Danke. Darauf hätte ich auch selber kommen können. Ich werde es Anfang nächster Woche mal ausprobieren.

----------

## Genone

In neueren Versionen (weiss nicht genau seit wann) unterstützt Portage auch package.keywords in Profilen. Allerdings ist die Semantik etwas anders als bei /etc/portage/package.keywords: die Einträge ergänzen die KEYWORDS Variable im entsprechenden Ebuild statt der ACCEPT_KEYWORDS Variable in make.conf (s.a.

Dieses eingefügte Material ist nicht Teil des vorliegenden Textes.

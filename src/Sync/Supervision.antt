-- ===== src/Sync/Supervision.antt =====
-- How many loops run.
use mirador_core.Prelude.{◌≤◌, inl, inr, ◌≡◌, refl, ap, sym, ◌∙◌, Bool, true, false, [], ◌∷◌, arith}
use mirador_core.Sync.Defs.{IndexedKpi, Decoder, KpiStore, new_worker}
use mirador_core.Sync.Loop.{
  System, cycle, waits, begins, Advance, advance, Tick, ticked, Step, advances, ticks, started,
  triggered, stopped, context_done, Reach, here, next,
}
use mirador_core.Sync.Counting.{
  running_loops, is_loop, loops, tally-append, tally-among, tally-middle, no_middle, enter_lem,
  stop_lem, trigger_sync_lem, Move-IsMove,
}

module _ {Query Thresholds E S : Type 0} (d : Decoder Query Thresholds)
    (weaviate : KpiStore E S (IndexedKpi Query Thresholds)) where
  -- As long as `stopCh` is open, no loop runs unless the worker is marked as running, and at most one
  -- does; exactly one, if the context is not done. A worker that is disabled has no goroutine.
  pub record IsSupervised (sys : System E S) : Type 0 where
    pub single :
        sys.shared.worker.stop_closed ≡ false
        → loops sys.tasks ≤ running_loops sys.shared.worker.running
    pub alive :
        sys.shared.worker.stop_closed ≡ false
        → sys.shared.cancelled ≡ false
        → loops sys.tasks ≡ running_loops sys.shared.worker.running
    pub quiet : sys.shared.worker.enabled ≡ false → sys.tasks ≡ []

  Advance-IsSupervised :
      {sys after : System E S}
      → Advance d weaviate sys after
      → IsSupervised sys
      → IsSupervised after
  Advance-IsSupervised {sys} (advance before after {t} {sh} {ts} e m) inv =
      let i = Move-IsMove d weaviate m in
      let left = tally-among is_loop before ts after in
      let was = tally-middle is_loop before t after e in
      record {
        single = λ h.
            rw (i.running) (omega (arith, left, was, i.fewer, inv.single (sym i.stop_closed ∙ h)));
        alive = λ h g. rw (i.running) (
            omega (
              arith,
              left,
              was,
              i.same (sym i.stop_closed ∙ h) (sym i.cancelled ∙ g),
              inv.alive (sym i.stop_closed ∙ h) (sym i.cancelled ∙ g),
            ));
        quiet = λ h. no_middle before t after e (inv.quiet (sym i.enabled ∙ h));
      }

  Tick-IsSupervised :
      {sys after : System E S} → Tick d weaviate sys after → IsSupervised sys → IsSupervised after
  Tick-IsSupervised {sys} (ticked before after e) inv =
      let was = tally-middle is_loop before waits after e in
      let left = tally-append is_loop before (cycle true begins ∷ after) in
      record {
        single = λ h. omega (arith, left, was, inv.single h);
        alive = λ h g. omega (arith, left, was, inv.alive h g);
        quiet = λ h. no_middle before waits after e (inv.quiet h);
      }

  Step-IsSupervised :
      {sys after : System E S} → Step d weaviate sys after → IsSupervised sys → IsSupervised after
  Step-IsSupervised (advances a) inv = Advance-IsSupervised a inv
  Step-IsSupervised (ticks t) inv = Tick-IsSupervised t inv
  Step-IsSupervised {sys} (started w h) inv =
      let (on, idle, e) = enter_lem sys.shared.worker w h in
      let none_ran : running_loops sys.shared.worker.running ≡ 0 = ap running_loops idle in
      rw e (record {
        single = λ c. omega (arith, none_ran, inv.single c);
        alive = λ c g. omega (arith, none_ran, inv.alive c g);
        quiet = λ off. ground arith;
      })
  Step-IsSupervised {sys} (triggered ts h) inv =
      let (on, others) = trigger_sync_lem sys.shared.worker ts h in
      let n = tally-append is_loop ts sys.tasks in
      record {
        single = λ c. omega (arith, n, others, inv.single c);
        alive = λ c g. omega (arith, n, others, inv.alive c g);
        quiet = λ off. ground arith;
      }
  Step-IsSupervised {sys} (stopped w h) inv = elim (stop_lem sys.shared.worker w h) [
    | inl (idle, e) ↦ rw e inv
    | inr (closed, on) ↦ record {
      single = λ c. ground arith;
      alive = λ c g. ground arith;
      quiet = λ off. inv.quiet (sym on ∙ off);
    }
  ]
  Step-IsSupervised context_done inv = record {
    single = inv.single;
    alive = λ c g. ground arith;
    quiet = inv.quiet;
  }

  -- The system before any call of the worker's methods.
  abbrev pub at_start : Bool → S → System E S
  unfolding new_worker
  at_start enabled s = record {
    shared = record { worker = new_worker enabled; cancelled = false; indexed = s };
    tasks = [];
  }

  -- Whatever happens, until `Stop` closes the channel no loop runs unless the worker is marked as
  -- running, and at most one does; exactly one, if the context is not done. A worker that is disabled
  -- has no goroutine.
  pub Reach-IsSupervised :
      (enabled : Bool) (s : S) {sys : System E S}
      → Reach d weaviate (at_start enabled s) sys
      → IsSupervised sys
  unfolding at_start new_worker
  Reach-IsSupervised enabled s here = record {
    single = λ _. omega arith;
    alive = λ _ _. refl;
    quiet = λ _. refl;
  }
  Reach-IsSupervised enabled s (next r st) = Step-IsSupervised st (Reach-IsSupervised enabled s r)
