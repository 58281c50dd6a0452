-- ===== src/Sync/Tests.antt =====
-- A vector store that is a map and takes every KPI, and the theorems at cycles on it.
use mirador_core.Prelude.{
  ◌⊎◌, if◌then◌else◌, ◌==◌, int_keys, arith, ◌≤◌, ◌≡◌, refl, true, false, Option, none, some, List,
  [], ◌∷◌, String, GoMap, fetch, store, fetch-store, string_keys, inl, inr,
}
use mirador_core.Prelude.Int.{pos}
use mirador_core.Sync.Defs.{
  StoredKpi, IndexedKpi, Decoder, Repository, KpiStore, Worker, id_of, convert, list_kpis,
  new_worker, run_sync, enter, stop,
}
use mirador_core.Sync.Loop.{
  System, Reach, advance, read, begins, reads, cycle, waits, here, next, started, advances,
}
use mirador_core.Sync.Supervision.{IsSupervised, at_start, Reach-IsSupervised}
use mirador_core.Sync.Draining.{Drains, stop-Drains}
use mirador_core.Sync.Laws.{run_sync_forgets}
use mirador_core.Sync.Store.{
  Comparison, Weaviate, weaviate_kpi_store, create_or_update_kpi, kpi_equal,
}
use mirador_core.Sync.Fields.{same_columns}

abbrev Item : Type 0
Item = IndexedKpi (Unit {0}) (Unit {0})

abbrev decoder : Decoder (Unit {0}) (Unit {0})
decoder = record { decode_query = λ _. some tt; decode_thresholds = λ _. none }

write_reads :
    (s : GoMap String Item) (w : Item) (id : String)
    → ◌≡◌ {A = Option String} none none
    → ◌≡◌ {A = String ⊎ Option Item}
        (inr (fetch (store s w.copied.id w) id))
        (if w.copied.id == id then inr (some w) else inr (fetch s id))
write_reads s w id h = ground (arith, fetch-store s w.copied.id w id)

abbrev objects : Weaviate String (GoMap String Item) Item id_of
objects = record {
  find = λ s id. inr (fetch s id);
  put = λ s w. (store s w.copied.id w, none);
  find-put = write_reads;
}

-- Every field of a KPI of this test but the times is compared; there are no queries.
abbrev comparison : Comparison (Unit {0}) (Unit {0})
comparison = record { same_query = λ a b. true; same_thresholds = λ a b. true }

abbrev table : KpiStore String (GoMap String Item) Item
table = weaviate_kpi_store comparison "no id" objects

abbrev kpi : String → String → StoredKpi
kpi id name = record {
  columns = record {
    id = id;
    name = name;
    description = "";
    definition = "";
    formula = "";
    data_source_id = "";
    kpi_datastore_id = "";
    unit = "";
    refresh_interval = pos 0;
    is_shared = false;
    user_id = "";
    namespace = "";
    kind = "";
    layer = "";
    classifier = "";
    signal_type = "";
    sentiment = "";
    component_type = "";
    examples = "";
    query_type = "";
    datastore = "";
    service_family = "";
    data_type = "";
    created_at = pos 0;
    updated_at = pos 5;
  };
  query_json = "{}";
  thresholds_json = "";
}

abbrev two : List StoredKpi
two = kpi "a" "errors" ∷ kpi "b" "latency" ∷ []

abbrev database : Repository String
database = record { list_updated_since = λ _. inr []; list_all = inr two }

abbrev offline : Repository String
offline = record { list_updated_since = λ _. inl "down"; list_all = inl "down" }

abbrev fresh : Worker String
unfolding new_worker
fresh = new_worker true

abbrev empty : GoMap String Item
empty = []

-- A KPI of which only the time of its update changed: the store reports no error and keeps the old one.
unchanged :
    let old = kpi "a" "errors" in
    let new : StoredKpi = record old { columns = record old.columns { updated_at = pos 7 } } in
    let held : GoMap String Item = ("a", convert decoder old) ∷ [] in
    table.create_or_update held (convert decoder new) ≡ (held, none)
unfolding create_or_update_kpi convert kpi_equal same_columns fetch
unchanged = refl

run_sync_forgets_example :
    ((run_sync decoder table database fresh (pos 9) empty).0.last_sync_error ≡ none)
    × ((run_sync decoder table database fresh (pos 9) empty).0.last_sync_count ≤ 2)
    × (list_kpis database (run_sync decoder table database fresh (pos 9) empty).0
        ≡ database.list_updated_since (pos 9))
unfolding list_kpis fresh
run_sync_forgets_example = run_sync_forgets decoder table database fresh (pos 9) empty two refl

-- A loop in its first cycle, which has read that there was none before.
abbrev first_cycle : System String (GoMap String Item)
unfolding fresh
first_cycle = record {
  shared = record { worker = record fresh { running = true }; cancelled = false; indexed = empty };
  tasks = cycle true (reads none) ∷ [];
}

first_cycle_reached : Reach decoder table (at_start decoder table true empty) first_cycle
unfolding enter new_worker fresh
first_cycle_reached = next (next here (started _ refl)) (advances (advance [] [] refl read))

Reach-IsSupervised_example : IsSupervised decoder table first_cycle
Reach-IsSupervised_example = Reach-IsSupervised decoder table true empty first_cycle_reached

-- A loop that waits, and a cycle of `TriggerSync`.
abbrev two_tasks : System String (GoMap String Item)
unfolding fresh
two_tasks = record {
  shared = record { worker = record fresh { running = true }; cancelled = false; indexed = empty };
  tasks = waits ∷ cycle false begins ∷ [];
}

abbrev halted : Worker String
unfolding fresh
halted = record fresh { running = false; stop_closed = true }

stop-Drains_example :
    Drains decoder table 3
      (record two_tasks { shared = record two_tasks.shared { worker = halted } })
unfolding two_tasks stop fresh halted
stop-Drains_example = stop-Drains decoder table 3 two_tasks halted refl refl
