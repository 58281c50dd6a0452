-- ===== src/Uql.antt =====
-- The unified query language: its syntax and validation (internal/models/unified_query_language.go),
-- its optimizer and plans (internal/services/uql_optimizer.go) and its translation to the languages
-- of the engines (internal/services/uql_translator.go).
pub mod Syntax
mod Outcome
mod Text
mod Validate
pub mod Optimizer
mod Plan
mod Translate
mod Parse
mod Pipeline
mod Tests
mod ParseTests
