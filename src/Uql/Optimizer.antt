-- ===== src/Uql/Optimizer.antt =====
-- `UQLOptimizerImpl` (internal/services/uql_optimizer.go).
pub mod Copy
pub mod Windows
pub mod Fields
pub mod Passes
pub mod Refines
pub mod Rewrites
pub mod Keeping
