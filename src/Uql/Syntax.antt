-- ===== src/Uql/Syntax.antt =====
-- Queries as unified_query_language.go declares them. The type of the values that a condition compares
-- with, `interface{}` there, is a parameter. A pointer is an option, and a pointer to a condition is
-- a `UqlCondition`, `no_condition` for nil.
use mirador_core.Prelude.{Option, List, String}
use mirador_core.Prelude.Int.{ℤ}

pub data UqlOperator : Type 0 where
  op_and op_or op_not op_eq op_neq op_lt op_le op_gt op_ge op_like op_match op_within op_near
        op_before op_after op_join op_on :
      UqlOperator
  -- Any other text, the empty one included.
  op_other : String → UqlOperator

pub data UqlEngine : Type 0 where
  engine_metrics engine_logs engine_traces engine_correlation : UqlEngine
  engine_other : String → UqlEngine

pub data UqlQueryType : Type 0 where
  type_select type_correlation type_aggregation type_join : UqlQueryType
  type_other : String → UqlQueryType

pub data UqlJoinType : Type 0 where
  join_inner join_left join_right join_full join_time : UqlJoinType
  join_other : String → UqlJoinType

pub data UqlDirection : Type 0 where
  dir_asc dir_desc : UqlDirection
  dir_other : String → UqlDirection

-- A function is its text; the empty one is no function.
pub record UqlField : Type 0 where
  pub name : String
  pub function : String
  pub alias : String
  pub arguments : List String

pub record UqlDataSource : Type 0 where
  pub engine : UqlEngine
  pub query : String

pub record UqlOrderBy : Type 0 where
  pub field : String
  pub direction : UqlDirection

-- The two other pointers of an expression are never set, nor read where a query is executed.
pub record UqlExpression : Type 0 where
  pub expression_type : String
  pub source : Option UqlDataSource

pub data UqlCondition (V : Type 0) : Type 0 where
  no_condition : UqlCondition V
  -- Field, operator, value, And, Or.
  condition : String → UqlOperator → V → UqlCondition V → UqlCondition V → UqlCondition V

module _ (V : Type 0) where
  pub record UqlSelect : Type 0 where
    pub fields : List UqlField
    pub data_source : UqlDataSource
    pub filter : UqlCondition V
    pub group_by : List String
    pub having : UqlCondition V

  pub record UqlCorrelation : Type 0 where
    pub left_expression : UqlExpression
    pub right_expression : UqlExpression
    pub operator : UqlOperator
    pub time_window : Option ℤ
    pub join_condition : UqlCondition V

  pub record UqlAggregation : Type 0 where
    pub agg_function : String
    pub agg_field : String
    pub agg_source : UqlDataSource
    pub agg_filter : UqlCondition V
    pub agg_group_by : List String
    pub agg_arguments : List String

  pub record UqlJoin : Type 0 where
    pub left : UqlExpression
    pub right : UqlExpression
    pub join_type : UqlJoinType
    pub on : UqlCondition V
    pub join_window : Option ℤ

  pub record UqlQuery : Type 0 where
    pub query_type : UqlQueryType
    pub raw_query : String
    pub select : Option UqlSelect
    pub correlation : Option UqlCorrelation
    pub aggregation : Option UqlAggregation
    pub join : Option UqlJoin
    pub window : Option ℤ
    pub limit : Option ℤ
    pub order_by : List UqlOrderBy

Manpage), und es gibt keinen Standardwert.

----------

## LinuxTom

Das wäre ja das, was ich brauche, doch wieso steht das hier http://devmanual.gentoo.org/profiles/index.html nicht drin?

----------

## Genone

Weil Dokumentation nie 100% aktuell ist, und beim Devmanual weiss ich auch nicht ob das überhaupt noch aktualisiert wird.

----------

## LinuxTom

Danke.   :Very Happy: 

Im "man portage" steht es. hat sich inzwischen einiges geändert. Werde es mal durcharbeiten und ausprobieren.

----------

## mv

Eine andere Lösungmöglichkeit besteht darin, auszunutzen, dass /etc/portage/pakage.* auch Directories sein können: Man kann dann z.B. einen Link von /etc/portage/package.keywords/000-defaults in ein gemeinsam geteiltes Directory legen. Ein Vorteil besteht darin, dass Du dann z.B. von eix-test-obsolete informiert wirst, wenn Du den entsprechenden Eintrag nicht mehr brauchst.

----------

## Max Steel

Interresant wäre zu wissen ob man in /etc/portage/package.* als Files auch andere Files includen (sourcen) könnte...

----------

## Genone

 *Max Steel wrote:*   

> Interresant wäre zu wissen ob man in /etc/portage/package.* als Files auch andere Files includen (sourcen) könnte...

 

Nein, da die Directory Lösung die gleiche Funktionalität bietet, leichter zu handhaben und dabei flexibler ist.

----------

## LinuxTom

Danke erst einmal an alle. Ich habe es endlich geschafft. Das mit dem package.use im Profile-Dir klappt nicht, da ist ein kleiner Fehler in der Man-Page.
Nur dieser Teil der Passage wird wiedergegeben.